L E   T R A I T E M E N T  M E D I C A L  :

Quelle que soit l’importance de l’usure articulaire, un traitement médical d’épreuve est indispensable. La chirurgie n’a sa place qu’en cas d’échec du traitement médical.

1/ Les règles hygiéno-diététiques relèvent du bon sens comme la perte de poids, une alimentation saine, le sevrage tabagique ou l’entretien physique par une activité sportive régulière. Dans le même esprit, il est faut comprendre que l’articulation « se nourrie du mouvement » et des exercices doux de rodage articulaire comme le vélo en salle, l’elliptique, la natation ou le rameur protègent l’articulation et ralentissent l’usure.

Il est probable que l’explication de cette protection, qui peut apparaître contradictoire, réside dans la stimulation par une activité physique régulière de la sécrétion de hyaluronate endogène.

2/ Les traitements  médicamenteux  sont utiles quand la gène limite le périmètre de marche :

1. Les traitements symptomatiques comme les antalgiques et les anti-inflammatoires. Il ne faut jamais hésiter à y avoir recours car la douleur est toujours inutile.

2. L’homéopathie peut également être d’une grande aide sans avoir les effets secondaires des antalgiques classiques. Leur prescription reste néanmoins du domaine des homéopathes.

3. Les anti arthrosiques d’action lente sont des médicaments sur ordonnances qui ont montré une petite efficacité pour ralentir la progression de l’usure radiographique. Le bénéfice reste toutefois relativement faible au prix de quelques effets secondaires. Ces traitements résultent souvent d’un compromis entre les bénéfices attendus et les risques à voir avec un rhumatologue.

4. Les compléments alimentaires comme le silicium, le curcuma, les plantes ou les vitamines n’ont jamais montré de preuves scientifiques de leur efficacité, mais leurs effets peuvent être très surprenants et la médecine doit rester modeste en respectant les convictions de chacun.

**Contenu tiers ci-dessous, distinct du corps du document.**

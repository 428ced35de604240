-- ===== src/Spans.antt =====
-- core/data.go: spans of keys, and how they are merged.
pub mod Union
pub mod Merge
pub mod Tests
use defradg.Prelude.{
  ℕ, zero, suc, ◌+◌, ◌-◌, Bytes, Bool, true, false, ◌&&◌, ◌||◌, List, [], ◌∷◌, ◌++◌, length, take,
  drop, reverse, Option, none, some, ◌==◌, leb, bytes_eq, bytes_lt, bytes_le, has_prefix,
  if◌then◌else◌, Result, ok, err, panic, ◌>>=◌,
}
use defradg.Keys.{DataStoreKey, to_string, equal, prefix_end}

-- From `start` on, and before `end`.
pub record Span : Type 0 where
  pub start : DataStoreKey
  pub end : DataStoreKey

unfoldable pub new_span : DataStoreKey → DataStoreKey → Span
new_span s e = record { start = s; end = e }

pub data SpanComparisonResult : Type 0 where
  before start_before_end_equal_to_start start_before_end_within : SpanComparisonResult
  start_before_end_equal start_before_end_after start_equal_end_within : SpanComparisonResult
  equal_spans start_equal_end_after start_within_end_within : SpanComparisonResult
  start_within_end_after start_within_end_equal : SpanComparisonResult
  start_equal_to_end_end_after after : SpanComparisonResult

-- `this == other`
abbrev same_span : Span → Span → Bool
same_span s o = equal s.start o.start && equal s.end o.end

unfoldable pub is_adjacent : DataStoreKey → DataStoreKey → Bool
is_adjacent k o =
    length (to_string k) == length (to_string o)
    && (bytes_eq (to_string (prefix_end k)) (to_string o)
        || bytes_eq (to_string k) (to_string (prefix_end o)))

-- The tests of Compare on the texts of the ends, in their order, with the two tests of adjacency.
unfoldable pub compare_texts : Bytes → Bytes → Bytes → Bytes → Bool → Bool → SpanComparisonResult
compare_texts this_start this_end other_start other_end end_adjacent start_adjacent =
    if bytes_lt this_start other_start
    then (if bytes_eq this_end other_start || end_adjacent
        then start_before_end_equal_to_start
        else if bytes_lt this_end other_start
        then before
        else if bytes_lt this_end other_end || has_prefix this_end other_end
        then start_before_end_within
        else if bytes_eq this_end other_end
        then start_before_end_equal
        else start_before_end_after)
    else if bytes_eq this_start other_start
    then (if bytes_lt this_end other_end || has_prefix this_end other_end
        then start_equal_end_within
        else if bytes_eq this_end other_end
        then equal_spans
        else start_equal_end_after)
    else if bytes_lt this_start other_end
    then (if bytes_lt this_end other_end || has_prefix this_end other_end
        then start_within_end_within
        else if bytes_eq this_end other_end
        then start_within_end_equal
        else start_within_end_after)
    else if bytes_eq this_start other_end || start_adjacent
    then start_equal_to_end_end_after
    else after

unfoldable pub compare : Span → Span → SpanComparisonResult
compare this other =
    if same_span this other
    then equal_spans
    else compare_texts (to_string this.start) (to_string this.end) (to_string other.start)
        (to_string other.end) (is_adjacent this.end other.start) (is_adjacent this.start other.end)

-- A list of spans as a Go slice, whose places may be nil.
abbrev pub Places : Type 0
Places = List (Option Span)

-- `spans[i] = s`
unfoldable pub set_place : Places → ℕ → Option Span → Result Places
set_place [] i s = err panic
set_place (p ∷ ps) zero s = ok (s ∷ ps)
set_place (p ∷ ps) (suc i) s = do ps' ← set_place ps i s; ok (p ∷ ps')

-- A call of a method of a place, which panics on nil.
unfoldable pub span_at : Option Span → Result Span
span_at none = err panic
span_at (some s) = ok s

abbrev pub nils : ℕ → Places
nils zero = []
nils (suc n) = none ∷ nils n

-- The search in removeBefore, from an index on, with the index that was found last.
unfoldable pub last_matching : Places → ℕ → Bytes → Option ℕ → Result (Option ℕ)
last_matching [] i end last = ok last
last_matching (p ∷ ps) i end last = do
  s ← span_at p
  last_matching ps (i + 1) end (if bytes_le (to_string s.end) end then some i else last)

-- The items that follow, each written at the same index.
unfoldable pub write_following : Places → ℕ → Places → Result Places
write_following [] j result = ok result
write_following (p ∷ ps) j result = do result' ← set_place result j p; write_following ps j result'

unfoldable pub remove_before : Places → ℕ → Bytes → Result Places
remove_before spans start_index end = do
  last ← last_matching (drop start_index spans) start_index end none
  elim last [
    | none ↦ ok spans
    | some index ↦
        let number = index - start_index in
        let result = take start_index spans ++ nils (length spans - number - start_index) in
        write_following (drop (index + 1) spans) (start_index + number) result
  ]

-- The cases of MergeAscending.
pub data Way : Type 0 where
  put_before extend_start replace contained extend_end pass : Way

abbrev pub way_of : SpanComparisonResult → Way
way_of before = put_before
way_of start_before_end_equal_to_start = extend_start
way_of start_before_end_within = extend_start
way_of start_before_end_equal = extend_start
way_of start_before_end_after = replace
way_of start_equal_end_within = contained
way_of equal_spans = contained
way_of start_within_end_within = contained
way_of start_within_end_equal = contained
way_of start_equal_end_after = extend_end
way_of start_within_end_after = extend_end
way_of start_equal_to_end_end_after = extend_end
way_of after = pass

-- `newArray[j] = uniqueSpans[i]`, for each of the places behind the new one.
abbrev pub copies : Option Span → Places → Places
copies p [] = []
copies p (q ∷ qs) = p ∷ copies p qs

-- removeBefore from a place on, and then the place is written.
abbrev pub replaced : Places → ℕ → Bytes → Span → Result Places
replaced spans i end s = do spans' ← remove_before spans i end; set_place spans' i (some s)

-- What is made of the span in each way, by the results of the cases.
abbrev pub by_way : {A : Type 0} → Way → A → A → A → A → A → A → A
by_way put_before a b c d e f = a
by_way extend_start a b c d e f = b
by_way replace a b c d e f = c
by_way contained a b c d e f = d
by_way extend_end a b c d e f = e
by_way pass a b c d e f = f

abbrev pub found_in : Result Places → Result (Places × Bool)
found_in r = do spans ← r; ok (spans, true)

-- The loop over the unique spans, those before `i` and those from there on: what is left of them, and
-- whether the span was found among them.
unfoldable pub merge_span : Span → Places → Places → Bool → Result (Places × Bool)
merge_span s front [] found = ok (front, found)
merge_span s front (none ∷ ps) found = err panic
merge_span s front (some u ∷ ps) found =
    by_way (way_of (compare s u)) (ok (front ++ (some s ∷ copies (some u) (some u ∷ ps)), true))
      (merge_span s (front ++ (some (new_span s.start u.end) ∷ [])) ps true)
      (found_in (replaced (front ++ (some u ∷ ps)) (length front) (to_string s.end) s))
      (ok (front ++ (some u ∷ ps), true))
      (found_in (
        replaced (front ++ (some u ∷ ps)) (length front) (to_string s.end)
          (new_span u.start s.end)))
      (merge_span s (front ++ (some u ∷ [])) ps found)

abbrev pub appended : Span → Places × Bool → Places
appended s (spans, true) = spans
appended s (spans, false) = spans ++ (some s ∷ [])

unfoldable pub merge_all : List Span → Places → Result Places
merge_all [] spans = ok spans
merge_all (s ∷ ss) spans = do merged ← merge_span s [] spans false; merge_all ss (appended s merged)

abbrev pub places : List Span → Places
places [] = []
places (s ∷ ss) = some s ∷ places ss

unfoldable pub merge_ascending : List Span → Result Places
merge_ascending spans = if leb (length spans) 1 then ok (places spans) else merge_all spans []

3/ Les traitements infiltratifs peuvent faire peur car forcément administrés par une « piqure ». Ils sont toutefois non négociables et obligatoires avant toute sanction chirurgicale :

1. Les corticoïdes sont des anti-inflammatoires puissants avec une action rapide. Ils permettent « d’assécher» le genou en cas d’épanchement et de retrouver quasi instantanément un genou confortable.

Malheureusement, l’effet des corticoïdes est transitoire, surtout utile pour faire passer une crise.

2. La viscoinduction est une cure de 3 injections, réalisées à une semaine d’intervalle, d’une molécule très proche du hyaluronate endogène. L’effet est double, dans un 1er temps l’apport de hyaluronate exogène compense le déficit d’acide hyaluronique, puis sur le long terme un effet chondroprotecteur (protection du cartilage) par une amélioration de la qualité du liquide arthrosique.

L’effet de l’acide hyaluronique est  progressif mais apparaît plus pérenne dans le temps avec une efficacité classiquement admise de 1 an.

Les PRP, d’apparition plus récente, sont des facteurs de croissance naturel prélevés à partir de la centrifugation de nos propres plaquettes Leur mode d’action est encore méconnu mais semble assez proche de celui de l’acide hyaluronique.

L’avenir semble probablement aux traitements mixtes Acide hyaluronique-PRP.